Table 6 shows the quantitative segmentation results of these methods both in the internal and external cohorts. It can be found that the baseline nnUNet and the modified nnUNet perform better than the other three transformer-based models in terms of mean DSC (mDSC) on all testing cohorts. Meanwhile, the modification of the baseline also improved the baseline performance by a slight margin. Besides, the results in the term of NSD also show a similar trend compared with DSC, where the CNN-based segmentation models consistently outperform transformer-based models. (Fig. 4 shows some segmentation results.)

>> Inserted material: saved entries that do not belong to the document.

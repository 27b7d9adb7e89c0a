-- ===== src/Queue/Dispatch.antt =====
-- The dispatch worker hands over at most one entry, and only one that fits both readings.
use vvz_lmrs.Prelude.{
  ◌≡◌, refl, arith, Bool, true, false, Option, none, some, List, [], ◌∷◌, ◌++◌, In, ◌⊎◌, inl, inr,
  ◌∙◌, Result, ok, err, if◌then◌else◌, ap,
}
use vvz_lmrs.Prelude.Int.{ℤ, ◌≤ℤ◌}
use vvz_lmrs.Queue.{
  QueueEntry, RequestQueue, is_candidate, largest_fit_scheduler, launch_recheck, after_executor,
  launch_read, launch, dispatch_read, dispatch,
}
use vvz_lmrs.Queue.Schedule.{scheduler_best}

-- A reading of the capacity that succeeded and leaves room for the entry.
pub record Fits (reading : Result ℤ) (m : QueueEntry) : Type 0 where
  pub bytes : ℤ
  pub is_read : reading ≡ ok bytes
  pub room : m.required_dynamic_vram_bytes ≤ℤ bytes

-- A result that names no entry; a result that names `m` or is the executor's exception.
abbrev pub NamesNone : Result (Option QueueEntry) → Type 0
NamesNone (ok (some m)) = ⊥
NamesNone _ = Unit

abbrev pub NamesAtMost : QueueEntry → Result (Option QueueEntry) → Type 0
NamesAtMost m (ok (some x)) = x ≡ m
NamesAtMost m (ok none) = ⊥
NamesAtMost m (err e) = Unit

candidate_room :
    (b : ℤ) (m : QueueEntry) → is_candidate b m ≡ true → m.required_dynamic_vram_bytes ≤ℤ b
unfolding is_candidate
candidate_room b m h = ground arith

module _ {S R : Type 0} (log : S → List QueueEntry) (capacity_provider : S → Result ℤ × S)
    (executor : QueueEntry → S → Result R × S)
    (quiet : (s : S) → log (capacity_provider s).1 ≡ log s)
    (logs : (e : QueueEntry) (s : S) → log (executor e s).1 ≡ log s ++ e ∷ []) where
  -- One entry was handed over: it is queued, and fits both readings of the capacity.
  pub record Handed (q : RequestQueue) (s : S) (out : Result (Option QueueEntry) × S)
      (m : QueueEntry) : Type 0 where
    pub is_member : In m q.entries
    pub first : Fits (capacity_provider s).0 m
    pub second : Fits (capacity_provider (capacity_provider s).1).0 m
    pub logged : log out.1 ≡ log s ++ m ∷ []
    pub named : NamesAtMost m out.0

  abbrev pub Dispatched : RequestQueue → S → Result (Option QueueEntry) × S → Type 0
  Dispatched q s out =
      ((log out.1 ≡ log s) × NamesNone out.0) ⊎ ((m : QueueEntry) × Handed q s out m)

  module _ (q : RequestQueue) (s : S) where
    abbrev s' : S
    s' = (capacity_provider s).1

    abbrev s'' : S
    s'' = (capacity_provider s').1

    finished :
        (m : QueueEntry) (r : Result R × S)
        → In m q.entries
        → Fits (capacity_provider s).0 m
        → Fits (capacity_provider s').0 m
        → log r.1 ≡ log s ++ m ∷ []
        → Dispatched q s (after_executor capacity_provider executor m r)
    unfolding after_executor
    finished m (ok a, t) i f g l =
        inr (m, record { is_member = i; first = f; second = g; logged = l; named = refl })
    finished m (err e, t) i f g l =
        inr (m, record { is_member = i; first = f; second = g; logged = l; named = tt })

    rechecked :
        (m : QueueEntry) (b : ℤ) (fits : Bool)
        → (capacity_provider s').0 ≡ ok b
        → launch_recheck m b ≡ fits
        → In m q.entries
        → Fits (capacity_provider s).0 m
        → Dispatched q s (
            if fits
            then after_executor capacity_provider executor m (executor m s'')
            else (ok none, s''))
    unfolding launch_recheck
    rechecked m b true read h i f =
        finished m (executor m s'') i f (record { bytes = b; is_read = read; room = ground arith })
          (logs m s'' ∙ ap (λ l. l ++ m ∷ []) (quiet s' ∙ quiet s))
    rechecked m b false read h i f = inl (quiet s' ∙ quiet s, tt)

    launched :
        (m : QueueEntry) (r : Result ℤ)
        → (capacity_provider s').0 ≡ r
        → In m q.entries
        → Fits (capacity_provider s).0 m
        → Dispatched q s (launch_read capacity_provider executor m (r, s''))
    unfolding launch_read
    launched m (ok b) read i f = rechecked m b (launch_recheck m b) read refl i f
    launched m (err e) read i f = inl (quiet s' ∙ quiet s, tt)

    selected :
        (b : ℤ) (o : Option QueueEntry)
        → (capacity_provider s).0 ≡ ok b
        → largest_fit_scheduler q.entries b ≡ o
        → Dispatched q s (launch capacity_provider executor o s')
    unfolding launch
    selected b none read h = inl (quiet s, tt)
    selected b (some m) read h =
        let (i, candidate, _) = scheduler_best b q.entries m h in
        launched m (capacity_provider s').0 refl i
          (record { bytes = b; is_read = read; room = candidate_room b m candidate })

    read_first :
        (r : Result ℤ)
        → (capacity_provider s).0 ≡ r
        → Dispatched q s (dispatch_read capacity_provider executor q (r, s'))
    unfolding dispatch_read
    read_first (ok b) read = selected b (largest_fit_scheduler q.entries b) read refl
    read_first (err e) read = inl (quiet s, tt)

    -- For one trigger the worker either hands nothing to the executor and returns no entry, or hands
    -- over exactly one entry of the queue that fits the capacity read at selection and the capacity
    -- read again at launch, and then returns that entry or the exception that the executor raised;
    -- provided that `log` is what was handed over, and that reading the capacity hands nothing over.
    pub dispatch_once : Dispatched q s (dispatch capacity_provider executor q s)
    unfolding dispatch
    dispatch_once = read_first (capacity_provider s).0 refl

Table 6 Segmentation results across several SOTA methods in the internal and external testing cohorts.
Fig. 4
figure 4

Visual examples of the nnUNet(mixup) predictions in internal testing (A), external testing 1(B), and external testing 2 cohorts (C). We each ranked all patients in the internal testing cohort, external testing cohort 1, and external testing cohort 2 and selected the median scores of patients in the term of DSC. Yellow lines denoted the experts’ delineated contours, and green lines denoted the model-predicted ones.

Limitation

Unlike previous studies including level Ia segmentation13,25, our study did not involve it, which might limit the dataset’s and model’s broader applicability. That’s because the patients in this dataset consist of NPC, one of the main subtypes of HNC. In NPC, LN metastases are rarely observed in this area, and thus this area is not commonly included in NPC RT.

Usage Notes

The Dataset is publicly available on Figshare under the Creative Commons 4.0 Attribution (CC-BY-4.0). All NIfTI files can be visualized via ITK-SNAP32 and other packages.